What lines in the records below hold the string "same"? Please show them.

-.-.-

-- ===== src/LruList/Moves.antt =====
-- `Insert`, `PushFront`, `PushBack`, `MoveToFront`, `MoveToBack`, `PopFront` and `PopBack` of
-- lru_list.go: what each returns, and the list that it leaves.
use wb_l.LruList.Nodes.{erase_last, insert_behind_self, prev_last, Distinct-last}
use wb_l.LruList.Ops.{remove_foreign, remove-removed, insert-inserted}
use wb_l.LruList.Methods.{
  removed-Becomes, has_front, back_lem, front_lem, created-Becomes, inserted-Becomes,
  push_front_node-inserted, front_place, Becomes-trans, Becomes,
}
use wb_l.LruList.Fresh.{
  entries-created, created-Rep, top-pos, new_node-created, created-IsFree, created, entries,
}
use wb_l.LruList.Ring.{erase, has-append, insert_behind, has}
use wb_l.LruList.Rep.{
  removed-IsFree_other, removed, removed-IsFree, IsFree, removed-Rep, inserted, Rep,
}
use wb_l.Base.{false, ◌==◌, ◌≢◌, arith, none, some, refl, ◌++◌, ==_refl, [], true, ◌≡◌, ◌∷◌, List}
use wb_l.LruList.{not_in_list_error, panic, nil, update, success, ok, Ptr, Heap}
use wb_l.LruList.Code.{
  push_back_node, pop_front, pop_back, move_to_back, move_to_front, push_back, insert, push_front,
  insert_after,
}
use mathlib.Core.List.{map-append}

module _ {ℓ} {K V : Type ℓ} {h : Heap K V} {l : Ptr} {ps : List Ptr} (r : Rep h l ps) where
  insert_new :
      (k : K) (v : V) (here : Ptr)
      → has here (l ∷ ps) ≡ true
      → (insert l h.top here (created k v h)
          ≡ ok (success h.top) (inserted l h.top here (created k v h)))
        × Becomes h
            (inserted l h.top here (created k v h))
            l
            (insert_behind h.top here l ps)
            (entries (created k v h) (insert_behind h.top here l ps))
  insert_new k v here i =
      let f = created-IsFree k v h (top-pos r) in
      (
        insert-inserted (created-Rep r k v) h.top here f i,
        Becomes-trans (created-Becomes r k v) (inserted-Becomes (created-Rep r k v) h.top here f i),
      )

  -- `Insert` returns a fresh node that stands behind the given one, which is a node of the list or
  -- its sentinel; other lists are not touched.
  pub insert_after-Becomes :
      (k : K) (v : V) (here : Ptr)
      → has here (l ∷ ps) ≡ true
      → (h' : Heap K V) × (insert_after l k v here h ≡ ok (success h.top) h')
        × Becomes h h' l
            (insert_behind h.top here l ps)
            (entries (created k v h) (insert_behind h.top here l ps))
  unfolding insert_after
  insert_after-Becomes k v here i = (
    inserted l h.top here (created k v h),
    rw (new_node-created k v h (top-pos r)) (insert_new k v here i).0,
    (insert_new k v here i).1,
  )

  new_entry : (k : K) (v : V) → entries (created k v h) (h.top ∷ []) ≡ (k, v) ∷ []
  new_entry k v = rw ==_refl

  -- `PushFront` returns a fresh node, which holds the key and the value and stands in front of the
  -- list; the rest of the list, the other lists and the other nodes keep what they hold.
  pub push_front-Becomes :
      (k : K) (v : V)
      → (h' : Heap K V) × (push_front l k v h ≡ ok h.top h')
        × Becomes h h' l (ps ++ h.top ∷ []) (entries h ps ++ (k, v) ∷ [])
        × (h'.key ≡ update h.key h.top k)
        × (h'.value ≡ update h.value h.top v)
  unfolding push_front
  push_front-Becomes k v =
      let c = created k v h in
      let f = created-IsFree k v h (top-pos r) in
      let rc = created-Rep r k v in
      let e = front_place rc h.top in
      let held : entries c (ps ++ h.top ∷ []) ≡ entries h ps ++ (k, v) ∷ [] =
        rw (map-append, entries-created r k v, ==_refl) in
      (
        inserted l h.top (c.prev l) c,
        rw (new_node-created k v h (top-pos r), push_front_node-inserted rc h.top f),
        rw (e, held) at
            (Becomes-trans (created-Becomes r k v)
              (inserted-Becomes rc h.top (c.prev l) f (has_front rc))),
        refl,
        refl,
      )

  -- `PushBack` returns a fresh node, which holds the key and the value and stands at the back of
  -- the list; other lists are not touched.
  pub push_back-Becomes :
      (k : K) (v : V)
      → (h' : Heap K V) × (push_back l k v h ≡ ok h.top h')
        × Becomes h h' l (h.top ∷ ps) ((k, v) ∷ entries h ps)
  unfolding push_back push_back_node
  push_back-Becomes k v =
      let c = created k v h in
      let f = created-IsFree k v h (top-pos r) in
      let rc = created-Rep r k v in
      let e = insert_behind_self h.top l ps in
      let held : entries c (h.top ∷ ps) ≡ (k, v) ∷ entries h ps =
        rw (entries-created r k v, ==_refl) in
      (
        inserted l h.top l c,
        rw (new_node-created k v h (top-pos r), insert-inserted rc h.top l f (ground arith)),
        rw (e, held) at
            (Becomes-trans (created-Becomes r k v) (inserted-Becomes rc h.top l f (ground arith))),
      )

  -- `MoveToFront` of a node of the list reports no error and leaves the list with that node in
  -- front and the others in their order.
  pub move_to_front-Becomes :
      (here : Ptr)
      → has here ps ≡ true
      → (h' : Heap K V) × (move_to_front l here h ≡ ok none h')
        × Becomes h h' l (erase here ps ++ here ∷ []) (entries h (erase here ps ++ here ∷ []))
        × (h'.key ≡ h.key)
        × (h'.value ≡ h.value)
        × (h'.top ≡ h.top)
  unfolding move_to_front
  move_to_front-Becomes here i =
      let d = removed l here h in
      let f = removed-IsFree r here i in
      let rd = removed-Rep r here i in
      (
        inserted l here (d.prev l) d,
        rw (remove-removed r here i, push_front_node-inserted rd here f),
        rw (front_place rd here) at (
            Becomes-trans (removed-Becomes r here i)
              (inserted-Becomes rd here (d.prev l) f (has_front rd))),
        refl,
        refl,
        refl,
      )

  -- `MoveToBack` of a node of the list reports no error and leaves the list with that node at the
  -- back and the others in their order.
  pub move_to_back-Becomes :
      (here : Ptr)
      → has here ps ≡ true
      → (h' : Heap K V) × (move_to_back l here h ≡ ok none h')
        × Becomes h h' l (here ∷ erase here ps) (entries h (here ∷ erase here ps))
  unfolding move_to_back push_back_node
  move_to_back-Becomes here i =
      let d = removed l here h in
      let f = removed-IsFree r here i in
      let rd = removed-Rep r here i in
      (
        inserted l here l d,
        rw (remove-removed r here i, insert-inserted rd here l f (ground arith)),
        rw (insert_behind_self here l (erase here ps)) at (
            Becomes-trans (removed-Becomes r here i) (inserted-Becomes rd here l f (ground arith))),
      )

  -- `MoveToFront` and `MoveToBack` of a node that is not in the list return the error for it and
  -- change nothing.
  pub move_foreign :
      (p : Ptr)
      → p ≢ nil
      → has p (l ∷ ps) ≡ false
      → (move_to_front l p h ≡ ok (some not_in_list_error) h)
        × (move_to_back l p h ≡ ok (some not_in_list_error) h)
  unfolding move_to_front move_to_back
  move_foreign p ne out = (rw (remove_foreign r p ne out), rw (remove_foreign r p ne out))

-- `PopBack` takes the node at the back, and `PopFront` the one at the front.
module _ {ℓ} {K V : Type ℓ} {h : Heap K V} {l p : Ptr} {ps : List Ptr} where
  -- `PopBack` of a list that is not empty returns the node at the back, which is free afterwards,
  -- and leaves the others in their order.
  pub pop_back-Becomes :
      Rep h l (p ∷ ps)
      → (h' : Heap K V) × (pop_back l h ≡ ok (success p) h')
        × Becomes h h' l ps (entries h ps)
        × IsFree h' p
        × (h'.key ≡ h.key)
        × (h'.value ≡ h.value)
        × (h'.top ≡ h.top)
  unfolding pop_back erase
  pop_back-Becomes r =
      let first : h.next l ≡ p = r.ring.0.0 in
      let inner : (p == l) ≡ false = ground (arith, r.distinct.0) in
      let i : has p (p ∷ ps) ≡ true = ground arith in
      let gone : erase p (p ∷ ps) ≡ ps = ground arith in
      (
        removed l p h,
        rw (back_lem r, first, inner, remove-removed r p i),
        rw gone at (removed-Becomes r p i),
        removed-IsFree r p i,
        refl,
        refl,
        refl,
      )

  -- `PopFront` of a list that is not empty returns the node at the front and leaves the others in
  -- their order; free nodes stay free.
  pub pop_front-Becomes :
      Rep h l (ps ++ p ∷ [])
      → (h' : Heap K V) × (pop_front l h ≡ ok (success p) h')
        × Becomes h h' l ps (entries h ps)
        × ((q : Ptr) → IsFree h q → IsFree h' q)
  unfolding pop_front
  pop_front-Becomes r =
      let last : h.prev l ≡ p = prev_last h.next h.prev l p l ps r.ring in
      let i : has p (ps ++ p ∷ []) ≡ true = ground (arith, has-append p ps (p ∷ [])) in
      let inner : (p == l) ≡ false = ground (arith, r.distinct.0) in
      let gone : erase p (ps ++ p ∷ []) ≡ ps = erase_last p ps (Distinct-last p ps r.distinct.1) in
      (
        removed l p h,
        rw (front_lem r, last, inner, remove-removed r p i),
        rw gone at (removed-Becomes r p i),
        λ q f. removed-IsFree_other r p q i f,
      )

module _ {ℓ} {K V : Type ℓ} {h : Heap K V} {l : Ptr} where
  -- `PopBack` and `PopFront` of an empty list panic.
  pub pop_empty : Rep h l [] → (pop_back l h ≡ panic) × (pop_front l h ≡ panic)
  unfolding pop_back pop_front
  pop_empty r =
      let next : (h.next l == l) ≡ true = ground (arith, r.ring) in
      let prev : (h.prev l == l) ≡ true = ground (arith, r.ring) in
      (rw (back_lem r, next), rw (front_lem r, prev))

-.-.-

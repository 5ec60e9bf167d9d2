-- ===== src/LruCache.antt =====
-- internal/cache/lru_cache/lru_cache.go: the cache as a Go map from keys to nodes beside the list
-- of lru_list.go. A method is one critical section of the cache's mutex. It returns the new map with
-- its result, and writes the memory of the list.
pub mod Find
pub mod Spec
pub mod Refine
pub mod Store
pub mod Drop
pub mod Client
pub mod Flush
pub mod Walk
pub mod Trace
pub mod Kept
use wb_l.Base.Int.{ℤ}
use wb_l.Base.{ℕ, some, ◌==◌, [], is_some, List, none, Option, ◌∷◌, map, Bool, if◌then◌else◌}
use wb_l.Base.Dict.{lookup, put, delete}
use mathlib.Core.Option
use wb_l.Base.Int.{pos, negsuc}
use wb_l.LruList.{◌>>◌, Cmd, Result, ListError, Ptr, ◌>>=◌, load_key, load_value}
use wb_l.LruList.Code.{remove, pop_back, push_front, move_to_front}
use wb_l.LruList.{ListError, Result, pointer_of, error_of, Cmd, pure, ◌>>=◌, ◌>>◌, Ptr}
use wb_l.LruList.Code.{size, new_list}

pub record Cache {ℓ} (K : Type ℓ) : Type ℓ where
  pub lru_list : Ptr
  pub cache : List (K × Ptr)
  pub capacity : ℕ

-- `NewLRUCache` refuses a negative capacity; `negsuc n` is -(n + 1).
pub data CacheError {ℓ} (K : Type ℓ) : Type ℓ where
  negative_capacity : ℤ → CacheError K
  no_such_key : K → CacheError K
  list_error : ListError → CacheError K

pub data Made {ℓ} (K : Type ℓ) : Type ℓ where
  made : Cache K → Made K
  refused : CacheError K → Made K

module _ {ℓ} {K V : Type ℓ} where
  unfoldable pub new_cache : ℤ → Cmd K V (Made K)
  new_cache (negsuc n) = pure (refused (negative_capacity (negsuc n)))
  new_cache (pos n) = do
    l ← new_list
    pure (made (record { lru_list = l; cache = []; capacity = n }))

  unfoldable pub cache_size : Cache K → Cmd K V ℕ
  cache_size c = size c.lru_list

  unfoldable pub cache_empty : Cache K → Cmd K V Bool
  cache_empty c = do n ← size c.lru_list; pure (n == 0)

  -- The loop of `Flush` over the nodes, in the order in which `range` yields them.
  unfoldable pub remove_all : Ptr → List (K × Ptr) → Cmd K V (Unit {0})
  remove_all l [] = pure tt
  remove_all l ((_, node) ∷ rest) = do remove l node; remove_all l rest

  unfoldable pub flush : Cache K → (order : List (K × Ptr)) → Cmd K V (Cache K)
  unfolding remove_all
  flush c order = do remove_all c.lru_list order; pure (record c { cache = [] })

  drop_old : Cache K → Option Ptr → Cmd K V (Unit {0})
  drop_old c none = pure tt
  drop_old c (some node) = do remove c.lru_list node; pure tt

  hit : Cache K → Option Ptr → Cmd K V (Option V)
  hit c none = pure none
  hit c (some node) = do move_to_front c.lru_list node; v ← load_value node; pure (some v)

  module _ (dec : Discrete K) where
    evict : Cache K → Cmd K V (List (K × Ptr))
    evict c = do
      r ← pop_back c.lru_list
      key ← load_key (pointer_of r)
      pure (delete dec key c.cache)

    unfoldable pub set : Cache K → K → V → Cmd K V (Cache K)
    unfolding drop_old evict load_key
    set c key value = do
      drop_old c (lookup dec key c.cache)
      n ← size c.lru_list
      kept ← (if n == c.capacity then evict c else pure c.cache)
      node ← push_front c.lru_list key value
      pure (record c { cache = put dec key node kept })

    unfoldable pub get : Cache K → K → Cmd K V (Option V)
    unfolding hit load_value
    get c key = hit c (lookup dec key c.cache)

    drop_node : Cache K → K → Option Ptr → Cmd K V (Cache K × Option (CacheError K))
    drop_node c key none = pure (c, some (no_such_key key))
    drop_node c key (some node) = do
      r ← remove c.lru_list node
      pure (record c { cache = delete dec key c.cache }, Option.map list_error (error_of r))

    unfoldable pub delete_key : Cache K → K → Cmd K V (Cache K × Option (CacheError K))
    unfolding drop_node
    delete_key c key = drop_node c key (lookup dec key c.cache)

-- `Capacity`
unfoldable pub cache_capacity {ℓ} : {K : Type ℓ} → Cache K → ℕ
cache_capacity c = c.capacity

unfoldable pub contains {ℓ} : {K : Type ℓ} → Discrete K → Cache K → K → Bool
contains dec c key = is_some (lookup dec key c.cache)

-.-.-

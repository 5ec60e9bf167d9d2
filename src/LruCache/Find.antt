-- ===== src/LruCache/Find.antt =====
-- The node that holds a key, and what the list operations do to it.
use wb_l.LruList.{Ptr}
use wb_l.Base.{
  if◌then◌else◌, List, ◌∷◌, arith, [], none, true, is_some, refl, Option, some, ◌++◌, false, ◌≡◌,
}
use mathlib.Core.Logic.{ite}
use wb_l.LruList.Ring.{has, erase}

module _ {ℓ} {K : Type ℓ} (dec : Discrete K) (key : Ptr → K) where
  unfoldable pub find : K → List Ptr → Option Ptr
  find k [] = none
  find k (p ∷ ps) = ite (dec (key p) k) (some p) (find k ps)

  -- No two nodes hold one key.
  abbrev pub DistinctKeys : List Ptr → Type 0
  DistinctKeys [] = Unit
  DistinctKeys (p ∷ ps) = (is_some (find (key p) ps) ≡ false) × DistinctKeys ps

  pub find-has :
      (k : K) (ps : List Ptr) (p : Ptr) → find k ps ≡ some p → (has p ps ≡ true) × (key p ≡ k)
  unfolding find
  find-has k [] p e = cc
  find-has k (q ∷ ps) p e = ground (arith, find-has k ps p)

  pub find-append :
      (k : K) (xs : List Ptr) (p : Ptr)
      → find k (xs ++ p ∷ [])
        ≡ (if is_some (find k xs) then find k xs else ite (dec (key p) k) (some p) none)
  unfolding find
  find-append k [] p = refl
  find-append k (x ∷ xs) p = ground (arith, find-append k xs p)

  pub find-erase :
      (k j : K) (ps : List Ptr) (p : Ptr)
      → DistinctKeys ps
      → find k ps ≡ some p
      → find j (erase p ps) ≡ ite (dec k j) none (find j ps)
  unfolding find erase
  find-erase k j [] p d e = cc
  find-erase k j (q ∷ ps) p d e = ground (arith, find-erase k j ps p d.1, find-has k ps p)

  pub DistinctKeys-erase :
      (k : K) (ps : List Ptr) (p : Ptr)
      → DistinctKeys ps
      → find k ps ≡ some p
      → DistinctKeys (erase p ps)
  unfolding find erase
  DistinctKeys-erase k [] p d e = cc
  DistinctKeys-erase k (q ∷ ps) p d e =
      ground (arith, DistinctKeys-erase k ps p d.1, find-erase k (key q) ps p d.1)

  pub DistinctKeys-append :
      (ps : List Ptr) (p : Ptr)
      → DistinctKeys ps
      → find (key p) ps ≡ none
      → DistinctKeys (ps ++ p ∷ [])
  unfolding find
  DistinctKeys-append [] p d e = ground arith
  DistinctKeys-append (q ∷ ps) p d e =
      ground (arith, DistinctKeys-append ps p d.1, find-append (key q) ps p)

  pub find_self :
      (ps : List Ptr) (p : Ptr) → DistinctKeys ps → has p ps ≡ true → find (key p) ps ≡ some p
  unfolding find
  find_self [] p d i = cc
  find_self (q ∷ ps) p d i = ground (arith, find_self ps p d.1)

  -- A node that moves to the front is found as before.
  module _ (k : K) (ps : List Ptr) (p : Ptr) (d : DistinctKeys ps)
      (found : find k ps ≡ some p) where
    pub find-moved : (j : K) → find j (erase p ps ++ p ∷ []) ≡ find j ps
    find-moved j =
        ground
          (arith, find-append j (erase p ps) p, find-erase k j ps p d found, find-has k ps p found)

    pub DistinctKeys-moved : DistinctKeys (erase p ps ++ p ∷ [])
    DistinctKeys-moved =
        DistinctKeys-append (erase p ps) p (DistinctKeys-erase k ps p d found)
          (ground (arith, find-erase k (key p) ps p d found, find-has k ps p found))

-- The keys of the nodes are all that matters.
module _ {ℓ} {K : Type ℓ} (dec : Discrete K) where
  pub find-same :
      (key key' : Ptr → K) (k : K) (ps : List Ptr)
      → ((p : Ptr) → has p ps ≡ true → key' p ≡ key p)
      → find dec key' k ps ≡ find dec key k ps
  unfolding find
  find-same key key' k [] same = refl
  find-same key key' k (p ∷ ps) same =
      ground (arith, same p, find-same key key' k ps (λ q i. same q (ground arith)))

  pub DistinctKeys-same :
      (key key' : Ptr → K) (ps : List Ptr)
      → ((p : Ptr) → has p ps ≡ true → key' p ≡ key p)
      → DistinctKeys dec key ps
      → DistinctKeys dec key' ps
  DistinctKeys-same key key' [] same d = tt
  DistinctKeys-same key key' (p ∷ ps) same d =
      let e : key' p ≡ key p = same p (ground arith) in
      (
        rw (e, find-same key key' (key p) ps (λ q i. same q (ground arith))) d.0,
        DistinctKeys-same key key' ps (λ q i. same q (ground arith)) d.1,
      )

-.-.-

▶ [OUTPUT OF THE TASK]
  pub find-same :
  find-same key key' k [] same = refl
  find-same key key' k (p ∷ ps) same =
      ground (arith, same p, find-same key key' k ps (λ q i. same q (ground arith)))
  pub DistinctKeys-same :
  DistinctKeys-same key key' [] same d = tt
  DistinctKeys-same key key' (p ∷ ps) same d =
      let e : key' p ≡ key p = same p (ground arith) in
        rw (e, find-same key key' (key p) ps (λ q i. same q (ground arith))) d.0,
        DistinctKeys-same key key' ps (λ q i. same q (ground arith)) d.1,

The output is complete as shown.